希少資源の大学生を救え・第5章 | ラグビージャパン365

希少資源の大学生を救え・第5章

2013/08/08

文●大友信彦


「世界のトップ10入り」を目指すジャパンにとって、大学生世代をどう強化するか?はさらなる急務といえよう。2002年1月に発表された本著は、このテーマを議論する上で重要な意味を持つ大友信彦氏の警鐘である。核心に迫る第5弾


日本選手権を単独チームで争う必要はない!

日本選手権の意義について、春口の話を聞いているときに、ふと出てきた言葉があった。

「大学選手権が終わったらすぐに学生日本代表を結成して、社会人と試合をさせる手もあるよね。大学のクラブとしては、学校の試験期間に練習させることはできないけれど、コンバインド・チームだったら、そこに参加するもしないも個人の問題だからね」

この言葉は、多くの大学に散らばる有能な素材にレベルの高い経験を積ませるという難しいテーマを解決する糸口になるのではないか。

大学選手権が始まると、下位チームの選手は試合がなくなる。所謂「オフ」に入るのだが、上位チームの選手がより質の高い経験を積み、力をつける時期に休んでいたのでは、チームとしても個人としても差は開くばかりだ。7人制におけるプレートやボウルなど、下部トーナメントのような大会を実施するのも一つの方法だが、チームのモチベーションが上がるかどうかは疑問だ。

だがコンバインド・チームであれば、どこのチームに所属する選手でも個人の資格で参加できる。それも「学生日本代表」という完成型のみを作るのではなく、そのセレクション段階からチームを結成して試合を行なえば、有能な選手に多くの試合機会を提供できるのではないか。早いチームがオフに入る12月からその試合をスタートさせれば、下位チームの選手も劣っていた経験の質を少しでも解消できる。

問題は大学生に限ったことではない。

関東協会は昨季(2000年)から、東日本社会人リーグの入れ替え戦を6チームによるリーグ戦(チャレンジリーグ)に拡充し、1月いっぱいまで試合を組んでいる。全国社会人大会に進めなかったチームにも試合の機会を増やそうという試みは高く評価されていい。
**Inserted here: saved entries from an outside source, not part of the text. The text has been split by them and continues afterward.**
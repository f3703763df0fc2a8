-- ===== src/Scalar/Math/Gcd.antt =====
-- `mux_math_gcd` and `mux_math_lcm` of src/math.rs: Euclid's loop ends, and finds the greatest common
-- divisor.
use mux_runtime.Common.{
  ℕ, zero, suc, ◌+◌, ◌-◌, ◌*◌, ◌/◌, ◌%◌, ◌^◌, ◌≤◌, ◌≡◌, refl, sym, ap, arith, some, leb, Bool-cases,
  inl, inr, ◌==◌, ==_iff, if◌then◌else◌, subst,
}
use native.Mathlib.Nat.{mul-sub}
use mux_runtime.Common.Int.{ℤ, pos, abs_ℕ, i64_max}
use mux_runtime.Scalar.Math.{gcd_unsigned, u64_gcd, gcd, or_zero}

-- `d` divides `n`.
abbrev pub Divides : ℕ → ℕ → Type 0
Divides d n = (k : ℕ) × (n ≡ k * d)

-- `g` divides both numbers, and every common divisor divides `g`.
abbrev pub IsGcd : ℕ → ℕ → ℕ → Type 0
IsGcd a b g = Divides g a × Divides g b × ((d : ℕ) → Divides d a → Divides d b → Divides d g)

div_mod : (a b : ℕ) → a / b * b + a % b ≡ a
div_mod a b = grind arith

mod_of_parts :
    (d q k j : ℕ) (a b r : ℕ) → a ≡ k * d → b ≡ j * d → q * b + r ≡ a → r ≡ (k - q * j) * d
mod_of_parts d q k j a b r p s e = omega (arith, mul-sub d k (q * j), ap (λ z. q * z) s)

Divides-mod : (d a b : ℕ) → Divides d a → Divides d b → Divides d (a % b)
Divides-mod d a b (k, p) (j, q) =
    (k - a / b * j, mod_of_parts d (a / b) k j a b (a % b) p q (div_mod a b))

Divides-of_mod : (d a b : ℕ) → Divides d b → Divides d (a % b) → Divides d a
Divides-of_mod d a b (k, p) (j, q) =
    (a / b * k + j, omega (arith, div_mod a b, ap (λ z. a / b * z) p))

IsGcd-step : (a b g : ℕ) → IsGcd b (a % b) g → IsGcd a b g
IsGcd-step a b g (db, dm, most) =
    (Divides-of_mod g a b db dm, db, λ d da db'. most d db' (Divides-mod d a b da db'))

IsGcd-zero : (a : ℕ) → IsGcd a 0 a
IsGcd-zero a = ((1, omega arith), (0, omega arith), λ d da db. da)

gcd_unsigned_lem :
    (fuel a b : ℕ) → b ≤ fuel → (g : ℕ) × (gcd_unsigned (suc fuel) a b ≡ some g) × IsGcd a b g
unfolding gcd_unsigned
gcd_unsigned_lem zero a b h =
    let e : b ≡ 0 = omega arith in (a, rw e, subst (λ z. IsGcd a z a) (sym e) (IsGcd-zero a))
gcd_unsigned_lem (suc fuel) a b h = elim (Bool-cases (b == 0)) [
  | inl t ↦ (a, rw t, subst (λ z. IsGcd a z a) (sym ((==_iff b 0).0 t)) (IsGcd-zero a))
  | inr f ↦
      let (g, found, is) = gcd_unsigned_lem fuel b (a % b) (ground arith) in
      (g, rw f found, IsGcd-step a b g is)
]

u64_gcd-IsGcd : (a b : ℕ) → IsGcd a b (u64_gcd a b)
u64_gcd-IsGcd a b =
    let (g, found, is) = gcd_unsigned_lem b a b (omega arith) in
    subst (λ o. IsGcd a b (or_zero o)) (sym found) is

-- `gcd` finds the greatest common divisor of the two absolute values: it divides both, and every
-- common divisor divides it. Where that is 2^63, which is no `i64`, the largest `i64` is returned.
pub gcd_greatest :
    (a b : ℤ)
    → (g : ℕ) × IsGcd (abs_ℕ a) (abs_ℕ b) g
      × (gcd a b ≡ (if leb (2 ^ 63) g then i64_max else pos g))
unfolding gcd
gcd_greatest a b = (u64_gcd (abs_ℕ a) (abs_ℕ b), u64_gcd-IsGcd (abs_ℕ a) (abs_ℕ b), refl)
だが、チャレンジリーグに進めなかった関東社会人1部のチーム(00年度でいえば東京ガス、清水建設、横河、栗田工業など)の選手が、早々とオフに入っているのも事実であり、これらのチームには日本代表のLO阿久根潤(慶大→東京ガス24歳)を筆頭に、SO高橋修明(筑波大→清水建設26歳)、FL荒川治(相模台工→横河27歳)。SH岡本考司(法大→栗田工業24歳)ら、質の高い試合経験を積めば日本代表も狙える若手・中堅の有望選手が多散在籍しているのだ。

彼らに対し、スーパー12の補強システムのように試合を経験させる方法はないだろうか。そこに、大学の下位チームに散らばる有能な素材をからめて試合経験を積ませることはできないだろうか。